A feature of the operation of this device is that the initial state of the trigger is indifferent, and before the conversion (in one clock cycle), the least significant bit of the register is set to the same state as the trigger.

The disadvantage of this device is its low speed. To convert m numbers, each of which is represented in an n-bit Gre code, at least m (n + 3) clock cycles are required (taking into account the clock output of the information from the register).

A Gre converter to parallel binary code 2 is known, comprising a register, a trigger, information and control elements AND, a delay element, and a pulse distributor. A feature of the circuit of this device is that the trigger installation input and the installation inputs of all bits of the register, including the installation input of its lowest bit, are connected together and connected to the corresponding output of the pulse distributor. As a result, before converting each successive number in the Gre code, the trigger and all bits of the register, including its least significant bit, are set to the initial state O.

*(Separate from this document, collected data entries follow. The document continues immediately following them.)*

-- ===== src/FileLogger/Meta/Kept.antt =====
-- What the metadata remembers (FileLogger.cpp: MetaGetLocked, MetaSetCurrentLocked, MetaRemoveLocked).
use bff_rtc_base.Base.{
  ◌≡◌, refl, sym, ap, ◌∙◌, Bool, true, false, ◌||◌, [], ◌∷◌, Option, some, Bytes, if◌then◌else◌,
  is_empty, ◌==◌, bytes_eq, bytes_beq, lookup, insert_or_assign, lookup-insert_or_assign, if-true,
  if-false, if-both, beq_self, true≢false,
}
use bff_rtc_base.FileLogger.{Logger}
use bff_rtc_base.FileLogger.Meta.{
  MetaDocument, LogGroup, group_key, entry_text, assign_entry, erase_entry, text_or_empty, normal,
  load_meta, save_meta, meta_get, meta_set_current, meta_remove,
}
use bff_rtc_base.FileLogger.Meta.Groups.{
  IsKnown, same_branches, normal-entry_text, assign_in_group-text_at, gone-text_at, normal-IsKnown,
}

or-false : (a b : Bool) → a ≡ false → b ≡ false → (a || b) ≡ false
or-false false b h k = k
or-false true b h k = h

differs : (name : Bytes) → is_empty name ≡ false → (name == []) ≡ false
unfolding bytes_beq
differs [] h = absurd (true≢false h)
differs (c ∷ name) h = refl

-- The name is erased in both groups.
abbrev pub erase_both : Bytes → MetaDocument → MetaDocument
erase_both name j = erase_entry LogGroup.log_rooms name (erase_entry LogGroup.log_servers name j)

erased-entry_text :
    (h : LogGroup) (name n : Bytes) (j : MetaDocument)
    → entry_text h n (erase_both name j) ≡ (if name == n then [] else entry_text h n j)
unfolding erase_entry bytes_beq
erased-entry_text LogGroup.log_servers name n j =
    let once = erase_entry LogGroup.log_servers name j in
    gone-text_at (lookup (group_key LogGroup.log_rooms) once) (group_key LogGroup.log_rooms)
      (group_key LogGroup.log_servers) name n once refl
    ∙ gone-text_at (lookup (group_key LogGroup.log_servers) j) (group_key LogGroup.log_servers)
        (group_key LogGroup.log_servers) name n j refl
erased-entry_text LogGroup.log_rooms name n j =
    let once = erase_entry LogGroup.log_servers name j in
    gone-text_at (lookup (group_key LogGroup.log_rooms) once) (group_key LogGroup.log_rooms)
      (group_key LogGroup.log_rooms) name n once refl
    ∙ ap (λ x. if name == n then [] else x)
        (gone-text_at (lookup (group_key LogGroup.log_servers) j) (group_key LogGroup.log_servers)
          (group_key LogGroup.log_rooms) name n j refl)

module _ (parse : Bytes → Option MetaDocument) (dump : MetaDocument → Bytes) where
  load_meta-IsKnown :
      (h : LogGroup) (s : Logger) → IsKnown (lookup (group_key h) (load_meta parse dump s))
  unfolding load_meta lookup
  load_meta-IsKnown h s =
      let raw = text_or_empty (lookup s.meta_path s.meta_files) in
      if-both (λ (j : MetaDocument). IsKnown (lookup (group_key h) j))
        (is_empty s.meta_path || is_empty raw) tt (normal-IsKnown h (parse raw))

  -- A saved document is found again.
  load_meta-save_meta :
      (h : LogGroup) (n : Bytes) (j : MetaDocument) (s : Logger)
      → is_empty s.meta_path ≡ false
      → is_empty (dump j) ≡ false
      → parse (dump j) ≡ some j
      → entry_text h n (load_meta parse dump (save_meta parse dump true j s)) ≡ entry_text h n j
  unfolding load_meta save_meta
  load_meta-save_meta h n j s path full read =
      let saved : Logger = record s {
        meta_files = insert_or_assign s.meta_path (dump j) s.meta_files;
      } in
      let raw : text_or_empty (lookup s.meta_path saved.meta_files) ≡ dump j = ap text_or_empty (
        lookup-insert_or_assign s.meta_path s.meta_path (dump j) s.meta_files
        ∙ if-true _ _ (beq_self s.meta_path)) in
      ap (λ (t : Logger). entry_text h n (load_meta parse dump t))
        (if-false s saved (or-false _ _ path refl))
      ∙ ap (entry_text h n) (
          if-false [] (normal (parse (text_or_empty (lookup s.meta_path saved.meta_files))))
            (or-false _ _ path (ap is_empty raw ∙ full)))
      ∙ ap (λ t. entry_text h n (normal (parse t))) raw
      ∙ ap (λ d. entry_text h n (normal d)) read
      ∙ normal-entry_text h n j

  -- The room or the upload server that is set for the current log is what is read for it afterwards;
  -- what is read for other logs and from the other group is what it was. That is so where a log and
  -- its metadata file are open, neither the value nor its printed document is empty, and the parser
  -- reads the printed document back.
  pub meta_get-meta_set_current :
      (g h : LogGroup) (value n : Bytes) (s : Logger)
      → is_empty s.log_name ≡ false
      → is_empty value ≡ false
      → is_empty s.meta_path ≡ false
      → is_empty (dump (assign_entry g s.log_name value (load_meta parse dump s))) ≡ false
      → parse (dump (assign_entry g s.log_name value (load_meta parse dump s)))
        ≡ some (assign_entry g s.log_name value (load_meta parse dump s))
      → meta_get parse dump h n (meta_set_current parse dump true g value s) ≡ (
          if group_key g == group_key h
          then (if s.log_name == n then value else meta_get parse dump h n s)
          else meta_get parse dump h n s)
  unfolding meta_get meta_set_current assign_entry
  meta_get-meta_set_current g h value [] s log_ value_ path full read = sym (
      ap (λ b. if group_key g == group_key h then (if b then value else []) else [])
        (differs s.log_name log_)
      ∙ same_branches (group_key g == group_key h) [])
  meta_get-meta_set_current g h value (c ∷ n) s log_ value_ path full read =
      ap (λ (t : Logger). entry_text h (c ∷ n) (load_meta parse dump t))
        (if-false _ _ (or-false _ _ log_ value_))
      ∙ load_meta-save_meta h (c ∷ n) (assign_entry g s.log_name value (load_meta parse dump s)) s
          path full read
      ∙ assign_in_group-text_at (lookup (group_key g) (load_meta parse dump s)) (group_key g)
          (group_key h) s.log_name (c ∷ n) value (load_meta parse dump s) refl
          (load_meta-IsKnown g s)

  -- After a log has been removed, nothing is read for it, neither a room nor an upload server, and
  -- what is read for other logs is what it was. That is so where the metadata file is open, the name
  -- and the printed document are not empty, and the parser reads the printed document back.
  pub meta_get-meta_remove :
      (h : LogGroup) (name n : Bytes) (s : Logger)
      → is_empty name ≡ false
      → is_empty s.meta_path ≡ false
      → is_empty (dump (erase_both name (load_meta parse dump s))) ≡ false
      → parse (dump (erase_both name (load_meta parse dump s)))
        ≡ some (erase_both name (load_meta parse dump s))
      → meta_get parse dump h n (meta_remove parse dump true name s)
        ≡ (if name == n then [] else meta_get parse dump h n s)
  unfolding meta_get meta_remove
  meta_get-meta_remove h name [] s name_ path full read = sym (same_branches (name == []) [])
  meta_get-meta_remove h name (c ∷ n) s name_ path full read =
      ap (λ (t : Logger). entry_text h (c ∷ n) (load_meta parse dump t)) (if-false _ _ name_)
      ∙ load_meta-save_meta h (c ∷ n) (erase_both name (load_meta parse dump s)) s path full read
      ∙ erased-entry_text h name (c ∷ n) (load_meta parse dump s)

The disadvantage of this device is its low speed, for

converting m numbers, each of which is represented in an n-bit Gre code, requires m (n + 1) clock cycles

The closest invention to the proposed technical essence and circuit solution is a Gre code to parallel binary code converter described in 3. Such a converter, selected as a prototype, contains a counter whose bit outputs are connected to the corresponding information inputs of the decoder, a trigger, the direct output of which is connected to the first inputs of the information elements AND and the first control element And, the output of which through the first delay element is connected to the information input its register bit and the first input of the first OR element, the second input of which is combined with the installation input of the lowest register bit, the output of the first OR element is connected to the installation inputs of all bits of the register, except the lower one, the outputs of the information elements AND are connected to the information inputs of the corresponding bits register, in addition to the younger, the inverse trigger output is connected to the first input of the second control element AND, the output of which is connected to the input of the second delay element, the output of which is connected to the first the input of the second OR element, the output of which is connected to the second input of the first OR element, the direct and inverse outputs of the register bits are connected to one of the outputs of the AND elements, respectively, of the first and second groups, the outputs of which are connected to the first and second inputs of the corresponding OR elements, the outputs which are the outputs of the converter, the other inputs of the AND elements of the first and second groups are connected to the outputs of the corresponding AND control elements, and the third inputs of the specified AND elements are connected to the output of the blocking trigger and, adjusting the input of which is connected to the mounting input transducer allowing AND gates, the first inputs of which are connected to respective outputs of the decoder, the second input - to the output of the third OR gate. and the outputs are connected to the second inputs of the corresponding information and control elements AND, and the blocking element AND, the first and second inputs and the output of which are connected respectively to the clock input of the converter, the direct output of the blocking trigger and the first input of the third OR element, the second input and output of which connected respectively to the clock input

the converter and the input of the third delay element, the output of which is connected to the counting input of the counter and the information input of the blocking trigger, while the input and output of the fourth delay element are connected respectively to the information input of the converter and the counting input of the trigger.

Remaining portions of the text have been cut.